- Task statement -
Copy each line of the records that contains the word "false".

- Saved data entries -

-- ===== src/Sat/Backward.antt =====
-- One hop back in packages/core/src/satnumber.ts: `outputSpacePosition`, `containingInput`,
-- `coinbaseSatAt` and `bip34Height`.
use ordspv.Common.{
  ℕ, ◌+◌, ◌-◌, Bool, true, false, ◌&&◌, List, [], ◌∷◌, Option, none, some, Result, ok, err, require,
  failure, sat_position, sat_funding_incomplete, custody_unsupported, ◌>>◌, leb, ltb, if◌then◌else◌,
  length, get_elem?, get_or,
}
use ordspv.Bytes.Order.{le_bytes_to_big_int}
use ordspv.Bytes.Reader.{slice, max_safe_integer}
use ordspv.Custody.Flow.{position_of, values_of_outputs}
use ordspv.Sat.Numbers.{subsidy_sats, first_sat_of_block}
use ordspv.Tx.Types.{TxInput, TxOutput, ParsedTx, is_coinbase}

unfoldable pub place_of : List TxOutput → ℕ → ℕ → Option TxOutput → Result ℕ
place_of outputs vout offset none = err sat_position
place_of outputs vout offset (some out) =
    if ltb offset out.value
    then ok (offset + position_of (values_of_outputs outputs) vout)
    else err sat_position

unfoldable pub output_space_position : ParsedTx → ℕ → ℕ → Result ℕ
unfolding place_of
output_space_position tx vout offset = place_of tx.outputs vout offset (get_elem? tx.outputs vout)

pub record FundingPlace : Type 0 where
  pub input : ℕ
  pub offset_in_funding : ℕ

-- The loop over the proven values from input `i` on.
unfoldable pub containing_loop : ℕ → List ℕ → ℕ → Option FundingPlace
containing_loop i [] remaining = none
containing_loop i (v ∷ vs) remaining =
    if ltb remaining v
    then some (record { input = i; offset_in_funding = remaining })
    else containing_loop (i + 1) vs (remaining - v)

-- The refusal says whether further inputs could still reach the position.
unfoldable pub place_or_refusal : Bool → Option FundingPlace → Result FundingPlace
place_or_refusal covered (some place) = ok place
place_or_refusal true none = err sat_position
place_or_refusal false none = err sat_funding_incomplete

unfoldable pub containing_input : ParsedTx → List ℕ → ℕ → Result FundingPlace
containing_input tx values position =
    place_or_refusal (leb (length tx.inputs) (length values)) (containing_loop 0 values position)

unfoldable pub coinbase_sat_at : ParsedTx → ℕ → ℕ → Result ℕ
coinbase_sat_at coinbase position height = do
  require (is_coinbase coinbase) (failure "terminal transaction is not a coinbase")
  require (ltb position (subsidy_sats height)) (custody_unsupported (some height))
  ok (first_sat_of_block height + position)

-- The little-endian number of the first push. The sums of doubles are exact up to 2^53 - 1; above it
-- they may round, and stay above.
unfoldable pub height_of_script : List ℕ → Option ℕ
height_of_script s =
    let len = get_or s 0 0 in
    let height = le_bytes_to_big_int (slice s 1 len) in
    if leb 2 (length s)
      && ((leb 1 len && leb len 8) && (leb (1 + len) (length s) && leb height max_safe_integer))
    then some height
    else none

unfoldable pub height_of_first : List TxInput → Option ℕ
height_of_first [] = none
height_of_first (i ∷ rest) = height_of_script i.script_sig

unfoldable pub bip34_height : ParsedTx → Option ℕ
unfolding height_of_first
bip34_height coinbase = height_of_first coinbase.inputs

abbrev pub bip34_enforced_from : ℕ
bip34_enforced_from = 230_000
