-- ===== src/Custody/Conserve.antt =====
-- Theorems on the sat arithmetic of packages/core/src/custody.ts and of the backward hop in
-- packages/core/src/satnumber.ts: forward and backward hops undo each other.
use ordspv.Common.{
  ℕ, zero, suc, ◌+◌, ◌-◌, ◌≤◌, ◌<◌, ◌≡◌, refl, ap, subst, ◌↔◌, inl, inr, arith, true, false, List,
  [], ◌∷◌, Option, none, some, ok, err, Bool-cases, ltb, get_elem?, ltb→lt, lt→ltb, ltb→ge,
  sat_position,
}
use ordspv.Custody.Flow.{
  sum, values_of_outputs, total_output_sats, map_loop, map_to_outputs, position_of,
}
use ordspv.Custody.Satpoint.{Satpoint}
use ordspv.Sat.Backward.{place_of, output_space_position}
use ordspv.Tx.Types.{TxOutput, ParsedTx}

-- Where the loop of `mapToOutputs` lands.
record Lands (outs : List TxOutput) (first : ℕ) (p : ℕ) (sp : Satpoint) : Type 0 where
  place : ℕ
  vout_is : sp.vout ≡ first + place
  value_at : (out : TxOutput) × (get_elem? outs place ≡ some out) × (sp.offset < out.value)
  adds_up : sp.offset + position_of (values_of_outputs outs) place ≡ p

map_loop-Lands :
    (txid : List ℕ) (v : ℕ) (outs : List TxOutput) (p : ℕ)
    → {sp : Satpoint} → map_loop txid v outs p ≡ some sp
    → Lands outs v p sp × (sp.txid ≡ txid)
unfolding map_loop position_of sum values_of_outputs
map_loop-Lands txid v [] p {sp} h = cc
map_loop-Lands txid v (out ∷ outs) p {sp} h = elim (Bool-cases (ltb p out.value)) [
  | inl small ↦
      let here : Satpoint = record { txid = txid; vout = v; offset = p } in
      let e : some here ≡ some sp = rw small at h in
      let e' : here ≡ sp = cc in
      subst (λ t. Lands (out ∷ outs) v p t × (t.txid ≡ txid)) e'
        (
          record {
            place = 0;
            vout_is = omega arith;
            value_at = (out, refl, ltb→lt _ _ small);
            adds_up = omega arith;
          },
          refl,
        )
  | inr big ↦
      let (l, e) = map_loop-Lands txid (v + 1) outs (p - out.value) (rw big at h) in
      let (o, at, fits) = l.value_at in
      (
        record {
          place = suc l.place;
          vout_is = omega (arith, l.vout_is);
          value_at = (o, at, fits);
          adds_up = omega (arith, l.adds_up, ltb→ge _ _ big);
        },
        e,
      )
]

map_loop_at :
    (txid : List ℕ) (v : ℕ) (outs : List TxOutput) (place offset : ℕ) (out : TxOutput)
    → get_elem? outs place ≡ some out
    → offset < out.value
    → map_loop txid v outs (offset + position_of (values_of_outputs outs) place)
      ≡ some (record { txid = txid; vout = v + place; offset = offset })
unfolding map_loop position_of sum values_of_outputs
map_loop_at txid v [] place offset out at fits = cc
map_loop_at txid v (o ∷ outs) zero offset out at fits =
    let e : o ≡ out = cc in
    let e0 : offset + 0 ≡ offset = omega arith in
    let e1 : v + 0 ≡ v = omega arith in
    let t : ltb offset o.value ≡ true = rw e (ground arith) in rw (e0, e1, t)
map_loop_at txid v (o ∷ outs) (suc place) offset out at fits =
    let q = position_of (values_of_outputs outs) place in
    let f : ltb (offset + (o.value + q)) o.value ≡ false = ground arith in
    let e : offset + (o.value + q) - o.value ≡ offset + q = omega arith in
    let e1 : v + suc place ≡ v + 1 + place = omega arith in
    rw (f, e, e1) (map_loop_at txid (v + 1) outs place offset out at fits)

map_loop-none :
    (txid : List ℕ) (v : ℕ) (outs : List TxOutput) (p : ℕ)
    → (map_loop txid v outs p ≡ none) ↔ (sum (values_of_outputs outs) ≤ p)
unfolding map_loop sum values_of_outputs
map_loop-none txid v [] p = ((λ _. omega arith), (λ _. refl))
map_loop-none txid v (out ∷ outs) p = elim (Bool-cases (ltb p out.value)) [
  | inl small ↦ ((λ h. cc (rw small at h)), (λ h. absurd (omega (arith, ltb→lt _ _ small))))
  | inr big ↦
      let (to, back) = map_loop-none txid (v + 1) outs (p - out.value) in
      let le = ltb→ge _ _ big in
      ((λ h. let below = to (rw big at h) in omega arith), (λ h. rw big (back (omega arith))))
]

place_of-eq-ok :
    (outs : List TxOutput) (vout offset : ℕ) (o : Option TxOutput) (p : ℕ)
    → place_of outs vout offset o ≡ ok p
    → (out : TxOutput) × (o ≡ some out)
      × (offset < out.value)
      × (offset + position_of (values_of_outputs outs) vout ≡ p)
unfolding place_of
place_of-eq-ok outs vout offset none p h = cc
place_of-eq-ok outs vout offset (some out) p h = elim (Bool-cases (ltb offset out.value)) [
  | inl small ↦
      let e : ok (offset + position_of (values_of_outputs outs) vout) ≡ ok p = rw small at h in
      (out, refl, ltb→lt _ _ small, cc)
  | inr big ↦ let e : err sat_position ≡ ok p = rw big at h in cc
]

-- A satpoint is where a position lands exactly when its txid is the transaction's and its own
-- position in the output space is that position.
pub map_to_outputs_iff :
    (tx : ParsedTx) (p : ℕ) (sp : Satpoint)
    → (map_to_outputs tx p ≡ some sp)
      ↔ ((sp.txid ≡ tx.txid) × (output_space_position tx sp.vout sp.offset ≡ ok p))
unfolding map_to_outputs output_space_position
map_to_outputs_iff tx p sp = (
  λ h.
      let (l, same) = map_loop-Lands tx.txid 0 tx.outputs p h in
      let (out, at, fits) = l.value_at in
      let e : sp.vout ≡ l.place = omega (arith, l.vout_is) in
      (same, unfold place_of in rw (e, at, lt→ltb _ _ fits) (ap ok l.adds_up)),
  λ (same, h).
      let (out, at, fits, adds) = place_of-eq-ok tx.outputs sp.vout sp.offset _ p h in
      let e : 0 + sp.vout ≡ sp.vout = omega arith in
      rw (← adds, map_loop_at tx.txid 0 tx.outputs sp.vout sp.offset out at fits, e, ← same) refl,
)

-- A position has no place in the outputs exactly when it is at or past the total of their values.
pub map_to_outputs-none_iff :
    (tx : ParsedTx) (p : ℕ) → (map_to_outputs tx p ≡ none) ↔ (total_output_sats tx ≤ p)
unfolding map_to_outputs total_output_sats
map_to_outputs-none_iff tx p = map_loop-none tx.txid 0 tx.outputs p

- Answer below -
  ℕ, ◌+◌, ◌-◌, Bool, true, false, ◌&&◌, List, [], ◌∷◌, Option, none, some, Result, ok, err, require,
place_or_refusal false none = err sat_funding_incomplete
  ℕ, zero, suc, ◌+◌, ◌-◌, ◌≤◌, ◌<◌, ◌≡◌, refl, ap, subst, ◌↔◌, inl, inr, arith, true, false, List,
    let f : ltb (offset + (o.value + q)) o.value ≡ false = ground arith in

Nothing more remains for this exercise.